Analyse de la structure obtenue

Afin d'analyser la structure 3D de particules pré-40S tardives obtenue ci-dessus, comme pour la structure des particules pré-40S cytoplasmiques intermédiaires, nous l'avons comparée à celle de la petite sous-unité ribosomique mature humaine (Anger et al., 2013, pdb accession code : 4V6X) (Figure 61a et b).

Pour ce faire, la structure 3D de la petite sous-unité mature a été filtrée à 19 Å de résolution et ajustée dans la carte de densité électronique de la particule pré-40S tardive par rigid body docking à l’aide de la commande « fit in map » du logiciel CHIMERA.
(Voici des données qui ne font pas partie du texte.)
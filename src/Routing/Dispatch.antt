-- ===== src/Routing/Dispatch.antt =====
-- orchestrator/app/jarvis_orchestrator/workflows/compiler.py: the edges that `compile_workflow`
-- gives `_choose_route`, and when its node function calls it.
pub mod Found
use Prim.Native.String.{compare}
use Prim.Native.Nat.{Ordering}
use jarvis_development.Prelude.{
  ℕ, ◌+◌, Bool, true, false, not, ◌&&◌, ◌||◌, Option, none, some, List, [], ◌∷◌, String, string_eq,
  ◌==◌, filter, ltb, if◌then◌else◌,
}
use jarvis_development.Contracts.Json.{Fields, ℤ, pos_part, neg_part}
use jarvis_development.Contracts.Workflow.{
  WorkflowNodeType, fanout, WorkflowNode, WorkflowEdge, WorkflowSpec,
}
use jarvis_development.Routing.{Counters, Revision, Route, choose_route}

-- `<` on integers
abbrev pub int_lt : ℤ → ℤ → Bool
int_lt m n = ltb (pos_part m + neg_part n) (pos_part n + neg_part m)

abbrev pub name_after : String → String → Bool
name_after a b = elim (compare a b) [ Ordering.gt ↦ true | _ ↦ false ]

-- Whether the key `(priority, id)` of the first edge is larger than that of the second.
abbrev pub sorts_after : WorkflowEdge → WorkflowEdge → Bool
sorts_after a b =
    int_lt b.priority a.priority || (not (int_lt a.priority b.priority) && name_after a.id b.id)

abbrev pub insert_edge : WorkflowEdge → List WorkflowEdge → List WorkflowEdge
insert_edge e [] = e ∷ []
insert_edge e (x ∷ xs) = if sorts_after e x then x ∷ insert_edge e xs else e ∷ x ∷ xs

abbrev pub sort_edges : List WorkflowEdge → List WorkflowEdge
sort_edges [] = []
sort_edges (e ∷ es) = insert_edge e (sort_edges es)

-- `outgoing[node.id]`
unfoldable pub sorted_outgoing : WorkflowSpec → String → List WorkflowEdge
sorted_outgoing spec id = sort_edges (filter (λ e. e.source == id) spec.edges)

abbrev pub is_fanout : WorkflowNodeType → Bool
is_fanout fanout = true
is_fanout type = false

-- The routing part of `invoke`: `none` where it does not choose a route. `state` is the state with
-- the node's update merged in, and `counters` are its counters.
unfoldable pub invoke_route :
    WorkflowSpec → List Revision → WorkflowNode → Fields → Counters → Option Route
unfolding sorted_outgoing
invoke_route spec revisions node state counters = elim (sorted_outgoing spec node.id) [
  | [] ↦ none
  | e ∷ es ↦
      if is_fanout node.type
      then none
      else some (choose_route spec revisions node (e ∷ es) state counters)
]
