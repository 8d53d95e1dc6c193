-- ===== src/Routing/Dispatch/Found.antt =====
-- A route is found wherever there is a fallback, or a single edge without a condition.
use jarvis_development.Prelude.{
  Bool, true, false, ◌||◌, some, List, [], ◌∷◌, ◌≡◌, refl, arith, string_eq, any, find?, is_some,
  Bool-cases, Option-cases, inl, inr,
}
use jarvis_development.Contracts.Json.{Fields}
use jarvis_development.Contracts.Workflow.{
  WorkflowNode, WorkflowEdge, WorkflowSpec, WorkflowEdgeKind, always, on_result, retry, iterate,
  on_failure, validate_kind_fields,
}
use jarvis_development.Routing.{
  Counters, Revision, Route, failed, exhausted_without_fallback, no_matching_route, iterate_route,
  retry_route, skips, take_edge, route_from, choose_route,
}
use jarvis_development.Routing.Dispatch.{insert_edge, sort_edges}

-- Neither of the errors of a node without a way on.
abbrev pub has_way : Route → Bool
has_way (failed no_matching_route) = false
has_way (failed exhausted_without_fallback) = false
has_way route = true

module _ (spec : WorkflowSpec) (revisions : List Revision) (node : WorkflowNode) (f : WorkflowEdge)
    (state : Fields) (counters : Counters) where
  take_edge-has_way :
      (kind : WorkflowEdgeKind) (e : WorkflowEdge)
      → e.kind ≡ kind
      → skips spec revisions node (some f) state counters e ≡ false
      → has_way (take_edge spec revisions node (some f) state counters kind e) ≡ true
  unfolding take_edge retry_route iterate_route skips
  take_edge-has_way always e k s = refl
  take_edge-has_way on_result e k s = refl
  take_edge-has_way on_failure e k s = refl
  take_edge-has_way iterate e k s = ground arith
  take_edge-has_way retry e k s = ground arith

  route_from-has_way :
      (es : List WorkflowEdge)
      → has_way (route_from spec revisions node (some f) state counters es) ≡ true
  unfolding route_from
  route_from-has_way [] = refl
  route_from-has_way (e ∷ es) =
      elim (Bool-cases (skips spec revisions node (some f) state counters e)) [
        | inl skip ↦ rw skip (route_from-has_way es)
        | inr taken ↦ rw taken (take_edge-has_way e.kind e refl taken)
      ]

any-insert_edge :
    (p : WorkflowEdge → Bool) (e : WorkflowEdge) (es : List WorkflowEdge)
    → any p (insert_edge e es) ≡ (p e || any p es)
any-insert_edge p e [] = refl
any-insert_edge p e (x ∷ xs) = ground (arith, any-insert_edge p e xs)

pub any-sort_edges :
    (p : WorkflowEdge → Bool) (es : List WorkflowEdge) → any p (sort_edges es) ≡ any p es
any-sort_edges p [] = refl
any-sort_edges p (e ∷ es) = ground (arith, any-sort_edges p es, any-insert_edge p e (sort_edges es))

find?-any : (p : WorkflowEdge → Bool) (es : List WorkflowEdge) → is_some (find? p es) ≡ any p es
find?-any p [] = refl
find?-any p (e ∷ es) = ground (arith, find?-any p es)

module _ (spec : WorkflowSpec) (revisions : List Revision) (node : WorkflowNode) (state : Fields)
    (counters : Counters) where
  pub choose_route-fallback :
      (es : List WorkflowEdge)
      → any (λ e. e.fallback) es ≡ true
      → has_way (choose_route spec revisions node es state counters) ≡ true
  unfolding choose_route
  choose_route-fallback es h = elim (Option-cases (find? (λ e. e.fallback) es)) [
    | inl missing ↦ ground (arith, missing, find?-any (λ e. e.fallback) es)
    | inr (f, found) ↦
        rw (found, choose_route) (route_from-has_way spec revisions node f state counters es)
  ]

  pub choose_route-single :
      (e : WorkflowEdge)
      → e.kind ≡ always
      → validate_kind_fields e ≡ true
      → has_way (choose_route spec revisions node (e ∷ []) state counters) ≡ true
  unfolding choose_route route_from take_edge skips
  choose_route-single e k valid = ground arith
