-- ===== src/Routing/Keys.antt =====
-- The names of the iteration counters are not injective.
use text.Mathlib.TextLemmas.{append_assoc}
use jarvis_development.Prelude.{
  ℕ, ◌≤◌, some, ◌≡◌, sym, String, string_eq, get_or, arith, nat_eq, true,
}
use jarvis_development.Contracts.Json.{Fields}
use jarvis_development.Contracts.Workflow.{WorkflowEdge}
use jarvis_development.Predicates.{get_path}
use jarvis_development.Routing.{
  Counters, failed, iterations_exceeded, iterate_route, iterate_key, progress_key, shown,
  progress_of, advanced,
}

iterate_key-progress : (k : String) → iterate_key (progress_key k) ≡ progress_key (iterate_key k)
iterate_key-progress k = sym (append_assoc "iterate:" k ":progress")

-- An iterator whose key is another iterator's key `k` followed by ":progress" takes the other's
-- recorded progress for its own count: once that has reached its bound, its edge fails as
-- exceeded, however often it was taken, though its progress grows.
pub iterate_route-collides :
    (k : String) (e : WorkflowEdge) (state : Fields) (counters : Counters) (limit progress : ℕ)
    → progress_of (get_path state (shown e.progress_path)) ≡ some progress
    → advanced counters (progress_key (iterate_key (progress_key k))) progress ≡ true
    → limit ≤ get_or counters (progress_key (iterate_key k)) 0
    → iterate_route
        (record e { iteration_key = some (progress_key k); max_iterations = some limit })
        state
        counters
      ≡ failed iterations_exceeded
unfolding iterate_route
iterate_route-collides k e state counters limit progress found grown reached =
    ground (arith, found, grown, exceeded)
  where
    exceeded : limit ≤ get_or counters (iterate_key (progress_key k)) 0
    exceeded = rw (iterate_key-progress k) reached
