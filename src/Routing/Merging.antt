-- ===== src/Routing/Merging.antt =====
-- orchestrator/app/jarvis_orchestrator/workflows/state.py: `merge_by_id`, the reducer of the result
-- channels. A value is compared by its canonical JSON. The sorting of the keys is left out: a
-- dict's order is not observed by a lookup.
mod Reads
pub mod Order
mod Tests
use jarvis_development.Prelude.{
  Bool, true, false, Option, none, some, List, [], ◌∷◌, ◌≡◌, Dict, get, put, String, string_eq,
  ◌==◌, ◌>>=◌,
}

-- Whether an entry may be added: there is none of its key, or one of the same value.
abbrev pub fits : Option String → String → Bool
fits none text = true
fits (some stored) text = stored == text

-- The keys of a dict are distinct.
abbrev pub IsDict : {V : Type 0} → Dict String V → Type 0
IsDict [] = Unit
IsDict ((k, v) ∷ d) = (get d k ≡ none) × IsDict d

module _ {V : Type 0} (canonical_json : V → String) where
  -- The canonical JSON of an entry.
  unfoldable pub read : Dict String V → String → Option String
  read d key = elim (get d key) [ none ↦ none | some v ↦ some (canonical_json v) ]

  -- `none` is the `WorkflowInvariantError` of a conflicting completion.
  unfoldable pub merge_by_id : Dict String V → Dict String V → Option (Dict String V)
  unfolding read
  merge_by_id left [] = some left
  merge_by_id left ((k, v) ∷ right) =
      let rest = merge_by_id (put left k v) right in
      elim (fits (read left k) (canonical_json v)) [ true ↦ rest | false ↦ none ]
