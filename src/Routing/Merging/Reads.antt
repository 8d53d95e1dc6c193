-- ===== src/Routing/Merging/Reads.antt =====
-- When a merge of results succeeds, and what it holds then.
use jarvis_development.Prelude.{
  true, Option, none, some, [], ◌∷◌, ◌≡◌, refl, sym, ◌∙◌, ap, subst, Dict, get, put, get-put,
  String, string_eq, ◌==◌, ◌⊎◌, inl, inr, Bool-cases, Option-cases, arith, if◌then◌else◌,
}
use jarvis_development.Routing.Merging.{fits, IsDict, read, merge_by_id}

-- The first of two readings that is there.
abbrev pub join : Option String → Option String → Option String
join none b = b
join (some a) b = some a

join-none : (a : Option String) → join a none ≡ a
join-none none = refl
join-none (some a) = refl

module _ {V : Type 0} (canonical_json : V → String) where
  -- Two dicts have the same value at every key that both have.
  abbrev pub Agree : Dict String V → Dict String V → Type 0
  Agree d e =
      (key a b : String)
      → read canonical_json d key ≡ some a
      → read canonical_json e key ≡ some b
      → a ≡ b

  pub read-put :
      (d : Dict String V) (k : String) (v : V) (key : String)
      → read canonical_json (put d k v) key
        ≡ (if k == key then some (canonical_json v) else read canonical_json d key)
  unfolding read
  read-put d k v key = ground (arith, get-put d k key v)

  pub read-cons :
      (d : Dict String V) (k : String) (v : V) (key : String)
      → read canonical_json ((k, v) ∷ d) key
        ≡ (if k == key then some (canonical_json v) else read canonical_json d key)
  unfolding read
  read-cons d k v key = ground arith

  fits-cases :
      (stored : Option String) (text : String)
      → fits stored text ≡ true
      → (stored ≡ none) ⊎ (stored ≡ some text)
  fits-cases none text h = inl refl
  fits-cases (some t) text h = inr (ap some ((string_eq.same_iff t text).0 h))

  read-nil : (key : String) → read canonical_json [] key ≡ none
  unfolding read
  read-nil key = refl

  unread :
      (e : Dict String V) (k key b : String)
      → get e k ≡ none
      → (k == key) ≡ true
      → read canonical_json e key ≡ some b
      → ⊥
  unfolding read
  unread e k key b new same q =
      let absent : get e key ≡ none = ap (get e) (sym ((string_eq.same_iff k key).0 same)) ∙ new in
      ground (arith, absent, q)

  -- The reading at a key that is about to be written.
  stored-cases :
      (d : Dict String V) (k : String) (v : V) (key : String)
      → fits (read canonical_json d k) (canonical_json v) ≡ true
      → (k == key) ≡ true
      → (read canonical_json d key ≡ none) ⊎ (read canonical_json d key ≡ some (canonical_json v))
  stored-cases d k v key f same =
      subst
        (λ j.
          (read canonical_json d j ≡ none) ⊎ (read canonical_json d j ≡ some (canonical_json v)))
        ((string_eq.same_iff k key).0 same)
        (fits-cases (read canonical_json d k) (canonical_json v) f)

  Agree-cons :
      (d e : Dict String V) (k : String) (v : V)
      → fits (read canonical_json d k) (canonical_json v) ≡ true
      → Agree (put d k v) e
      → Agree d ((k, v) ∷ e)
  Agree-cons d e k v f agree key a b p q = elim (Bool-cases (k == key)) [
    | inl same ↦
        let its : some (canonical_json v) ≡ some b = ground (arith, q, same, read-cons e k v key) in
        elim (stored-cases d k v key f same) [ inl absent ↦ cc | inr stored ↦ cc ]
    | inr other ↦
        agree key a b (ground (arith, p, other, read-put d k v key))
          (ground (arith, q, other, read-cons e k v key))
  ]

  join-cons :
      (d e : Dict String V) (k : String) (v : V) (key : String)
      → fits (read canonical_json d k) (canonical_json v) ≡ true
      → join (read canonical_json (put d k v) key) (read canonical_json e key)
        ≡ join (read canonical_json d key) (read canonical_json ((k, v) ∷ e) key)
  join-cons d e k v key f =
      rw (read-put d k v key, read-cons e k v key)
        (elim (Bool-cases (k == key)) [
          | inl same ↦ elim (stored-cases d k v key f same) [
            | inl absent ↦ rw (same, absent) refl
            | inr stored ↦ rw (same, stored) refl
          ]
          | inr other ↦ rw other refl
        ])

  pub merge_by_id-reads :
      (d e : Dict String V) {m : Dict String V}
      → merge_by_id canonical_json d e ≡ some m
      → Agree d e
        × ((key : String)
            → read canonical_json m key
              ≡ join (read canonical_json d key) (read canonical_json e key))
  unfolding merge_by_id
  merge_by_id-reads d [] {m} h =
      let same : d ≡ m = cc in
      (
        λ key a b p q. (let none_some : none ≡ some b = sym (read-nil key) ∙ q in cc),
        λ key. rw (read-nil key) (
            subst (λ n. read canonical_json n key ≡ join (read canonical_json d key) none) same
              (sym (join-none (read canonical_json d key)))),
      )
  merge_by_id-reads d ((k, v) ∷ e) {m} h =
      elim (Bool-cases (fits (read canonical_json d k) (canonical_json v))) [
        | inl f ↦
            let rest : merge_by_id canonical_json (put d k v) e ≡ some m = ground (arith, h, f) in
            let (agree, reads) = merge_by_id-reads (put d k v) e rest in
            (Agree-cons d e k v f agree, λ key. reads key ∙ join-cons d e k v key f)
        | inr f ↦ absurd (ground (arith, h, f))
      ]

  Agree-fits :
      (d e : Dict String V) (k : String) (v : V)
      → Agree d ((k, v) ∷ e)
      → fits (read canonical_json d k) (canonical_json v) ≡ true
  Agree-fits d e k v agree = elim (Option-cases (read canonical_json d k)) [
    | inl absent ↦ rw absent refl
    | inr (t, stored) ↦ rw stored (
        (string_eq.same_iff t (canonical_json v)).1 (
          agree k t (canonical_json v) stored
            (read-cons e k v k ∙ ground (arith, (string_eq.same_iff k k).1 refl))))
  ]

  Agree-rest :
      (d e : Dict String V) (k : String) (v : V)
      → get e k ≡ none
      → Agree d ((k, v) ∷ e)
      → Agree (put d k v) e
  Agree-rest d e k v new agree key a b p q = elim (Bool-cases (k == key)) [
    | inl same ↦ absurd (unread e k key b new same q)
    | inr other ↦
        agree key a b (ground (arith, p, other, read-put d k v key))
          (ground (arith, q, other, read-cons e k v key))
  ]

  pub merge_by_id-succeeds :
      (d e : Dict String V)
      → IsDict e
      → Agree d e
      → (m : Dict String V) × (merge_by_id canonical_json d e ≡ some m)
  unfolding merge_by_id
  merge_by_id-succeeds d [] u agree = (d, refl)
  merge_by_id-succeeds d ((k, v) ∷ e) (new, rest) agree =
      let (m, h) = merge_by_id-succeeds (put d k v) e rest (Agree-rest d e k v new agree) in
      (m, rw (Agree-fits d e k v agree, merge_by_id) h)
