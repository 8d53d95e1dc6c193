-- ===== src/Routing/Merging/Order.antt =====
-- The order in which results are delivered to a channel does not matter.
use mathlib.Core.List.{Permᴰ}
use jarvis_development.Prelude.{
  Option, none, some, List, [], ◌∷◌, ◌≡◌, refl, sym, ◌∙◌, ap, subst, Dict, String, string_eq, ◌>>=◌,
  inl, inr, Option-cases, arith,
}
use jarvis_development.Routing.Merging.{IsDict, read, merge_by_id}
use jarvis_development.Routing.Merging.Reads.{join, Agree, merge_by_id-reads, merge_by_id-succeeds}

-- A dict of results that is delivered to the channel.
pub record Update (V : Type 0) : Type 0 where
  pub entries : Dict String V
  pub keyed : IsDict entries

module _ {V : Type 0} (canonical_json : V → String) where
  -- The channel after the deliveries, unless one of them conflicts.
  unfoldable pub deliver : Dict String V → List (Update V) → Option (Dict String V)
  deliver d [] = some d
  deliver d (u ∷ us) = merge_by_id canonical_json d u.entries >>= (λ m. deliver m us)

  -- Both dicts have the same value at every key.
  abbrev pub Same : Dict String V → Dict String V → Type 0
  Same d e = (key : String) → read canonical_json d key ≡ read canonical_json e key

  Agree-Same :
      (d e u : Dict String V) → Same d e → Agree canonical_json d u → Agree canonical_json e u
  Agree-Same d e u same agree key a b p q = agree key a b (same key ∙ p) q

  merge-Same :
      (d e : Dict String V) (u : Update V) {m : Dict String V}
      → Same d e
      → merge_by_id canonical_json d u.entries ≡ some m
      → (n : Dict String V) × (merge_by_id canonical_json e u.entries ≡ some n) × Same m n
  merge-Same d e u same h =
      let (agree, reads) = merge_by_id-reads canonical_json d u.entries h in
      let (n, i) =
        merge_by_id-succeeds canonical_json e u.entries u.keyed
          (Agree-Same d e u.entries same agree) in
      let (_, reads') = merge_by_id-reads canonical_json e u.entries i in
      (
        n,
        i,
        λ key.
            reads key
            ∙ ap (λ r. join r (read canonical_json u.entries key)) (same key)
            ∙ sym (reads' key),
      )

  -- What a second delivery agrees with, it agrees with before the first.
  Agree-before :
      (d u v m : Dict String V)
      → ((key : String)
          → read canonical_json m key
            ≡ join (read canonical_json d key) (read canonical_json u key))
      → Agree canonical_json m v
      → Agree canonical_json d v
  Agree-before d u v m reads agree key a b p q =
      agree key a b (reads key ∙ ap (λ r. join r (read canonical_json u key)) p) q

  -- The first delivery agrees with what the second leaves.
  Agree-after :
      (d u v m n : Dict String V)
      → ((key : String)
          → read canonical_json m key
            ≡ join (read canonical_json d key) (read canonical_json u key))
      → ((key : String)
          → read canonical_json n key
            ≡ join (read canonical_json d key) (read canonical_json v key))
      → Agree canonical_json d u
      → Agree canonical_json m v
      → Agree canonical_json n u
  Agree-after d u v m n reads reads' first second key a b p q =
      elim (Option-cases (read canonical_json d key)) [
        | inl absent ↦ sym (
            second key b a (reads key ∙ ap (λ r. join r (read canonical_json u key)) absent ∙ q)
              (sym (ap (λ r. join r (read canonical_json v key)) absent) ∙ sym (reads' key) ∙ p))
        | inr (c, stored) ↦
            first key a b
              (stored
                ∙ sym (ap (λ r. join r (read canonical_json v key)) stored)
                ∙ sym (reads' key)
                ∙ p)
              q
      ]

  join-swap :
      (a b c : Option String)
      → ((x y : String) → join a b ≡ some x → c ≡ some y → x ≡ y)
      → join (join a b) c ≡ join (join a c) b
  join-swap (some x) b c agree = refl
  join-swap none none none agree = refl
  join-swap none none (some y) agree = refl
  join-swap none (some x) none agree = refl
  join-swap none (some x) (some y) agree = ap some (agree x y refl refl)

  merge-swap :
      (d : Dict String V) (u v : Update V) {m n : Dict String V}
      → merge_by_id canonical_json d u.entries ≡ some m
      → merge_by_id canonical_json m v.entries ≡ some n
      → (m' n' : Dict String V) × (merge_by_id canonical_json d v.entries ≡ some m')
        × (merge_by_id canonical_json m' u.entries ≡ some n')
        × Same n n'
  merge-swap d u v {m} {n} h i =
      let (first, reads) = merge_by_id-reads canonical_json d u.entries h in
      let (second, reads2) = merge_by_id-reads canonical_json m v.entries i in
      let (m', h') =
        merge_by_id-succeeds canonical_json d v.entries v.keyed
          (Agree-before d u.entries v.entries m reads second) in
      let (_, reads') = merge_by_id-reads canonical_json d v.entries h' in
      let (n', i') =
        merge_by_id-succeeds canonical_json m' u.entries u.keyed
          (Agree-after d u.entries v.entries m m' reads reads' first second) in
      let (_, reads2') = merge_by_id-reads canonical_json m' u.entries i' in
      (
        m',
        n',
        h',
        i',
        λ key.
            reads2 key
            ∙ ap (λ r. join r (read canonical_json v.entries key)) (reads key)
            ∙ join-swap (read canonical_json d key) (read canonical_json u.entries key)
                (read canonical_json v.entries key) (λ x y p q. second key x y (reads key ∙ p) q)
            ∙ sym (ap (λ r. join r (read canonical_json u.entries key)) (reads' key))
            ∙ sym (reads2' key),
      )

  deliver-first :
      (d : Dict String V) (u : Update V) (us : List (Update V)) {n : Dict String V}
      → deliver d (u ∷ us) ≡ some n
      → (m : Dict String V) × (merge_by_id canonical_json d u.entries ≡ some m)
        × (deliver m us ≡ some n)
  unfolding deliver
  deliver-first d u us h = elim (Option-cases (merge_by_id canonical_json d u.entries)) [
    | inl e ↦ absurd (ground (arith, h, e))
    | inr (m, e) ↦ (m, e, ground (arith, h, e))
  ]

  deliver-cons :
      (d : Dict String V) (u : Update V) (us : List (Update V)) {m n : Dict String V}
      → merge_by_id canonical_json d u.entries ≡ some m
      → deliver m us ≡ some n
      → deliver d (u ∷ us) ≡ some n
  unfolding deliver
  deliver-cons d u us h i = rw (h, deliver) i

  deliver-Same :
      (us : List (Update V)) (d e : Dict String V) {m : Dict String V}
      → Same d e
      → deliver d us ≡ some m
      → (n : Dict String V) × (deliver e us ≡ some n) × Same m n
  unfolding deliver
  deliver-Same [] d e {m} same h =
      (e, refl, subst (λ x. Same x e) (let its : d ≡ m = cc in its) same)
  deliver-Same (u ∷ us) d e same h =
      let (m1, first, rest) = deliver-first d u us h in
      let (n1, first', same1) = merge-Same d e u same first in
      let (n, rest', same2) = deliver-Same us m1 n1 same1 rest in
      (n, deliver-cons e u us first' rest', same2)

  -- If results can be delivered to a channel in one order, they can be in every order, and the
  -- channel then has the same value at every key.
  pub deliver-Perm :
      {us vs : List (Update V)} (d : Dict String V) {m : Dict String V}
      → Permᴰ us vs
      → deliver d us ≡ some m
      → (n : Dict String V) × (deliver d vs ≡ some n) × Same m n
  deliver-Perm d {m} Permᴰ.nil h = (m, h, λ key. refl)
  deliver-Perm d (Permᴰ.cons {a} {b} {l₁ = us} {l₂ = vs} e p) h =
      let (m1, first, rest) = deliver-first d a us h in
      let (n, rest', same) = deliver-Perm m1 p rest in
      (
        n,
        deliver-cons d b vs
            (subst (λ (u : Update V). merge_by_id canonical_json d u.entries ≡ some m1) e first)
            rest',
        same,
      )
  deliver-Perm d (Permᴰ.swap {a} {b} {a'} {b'} {l = us} e f) h =
      let (m1, first, rest) = deliver-first d a (b ∷ us) h in
      let (m2, second, rest2) = deliver-first m1 b us rest in
      let (n1, n2, first', second', same) = merge-swap d a b first second in
      let (n, rest', same') = deliver-Same us m2 n2 same rest2 in
      (
        n,
        deliver-cons d a' (b' ∷ us)
            (subst (λ (u : Update V). merge_by_id canonical_json d u.entries ≡ some n1) f first')
            (deliver-cons n1 b' us
              (subst (λ (u : Update V). merge_by_id canonical_json n1 u.entries ≡ some n2) e
                second')
              rest'),
        same',
      )
  deliver-Perm d (Permᴰ.trans p q) h =
      let (m1, first, same) = deliver-Perm d p h in
      let (n, second, same') = deliver-Perm d q first in (n, second, λ key. same key ∙ same' key)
Cette comparaison a permis de confirmer que toutes les RPS présentes à ce stade de maturation peuvent être accommodées dans la carte de densité électronique de la particule pré-40S tardive sans réarrangement majeur. En particulier, la densité formant l'oreille de la tête de la particule, et correspondant à la présence de RACK1 est présente sur ces particules pré-40S tardives. Elle est mieux définie que pour les particules pré-40S intermédiaires. Ceci semble indiquer que la position de RACK1 se stabilise au cours de la maturation de la petite sous-unité ribosomique.

Cette première comparaison visuelle montre que si la structure de la particule pré-40S tardive est très similaire à celle de la petite sous-unité ribosomique mature, on peut distinguer des zones de densité supplémentaire sur la particule pré-40S. L'une d'entre elles est localisée entre le bas de la tête et le sillon de l'ARNm, au voisinage du site E de liaison de l'ARNt (côté plateforme). Une autre zone de densité supplémentaire est située sur le haut de l'hélice 44, à proximité du site P de liaison à l'ARNt (Figure 61a et b).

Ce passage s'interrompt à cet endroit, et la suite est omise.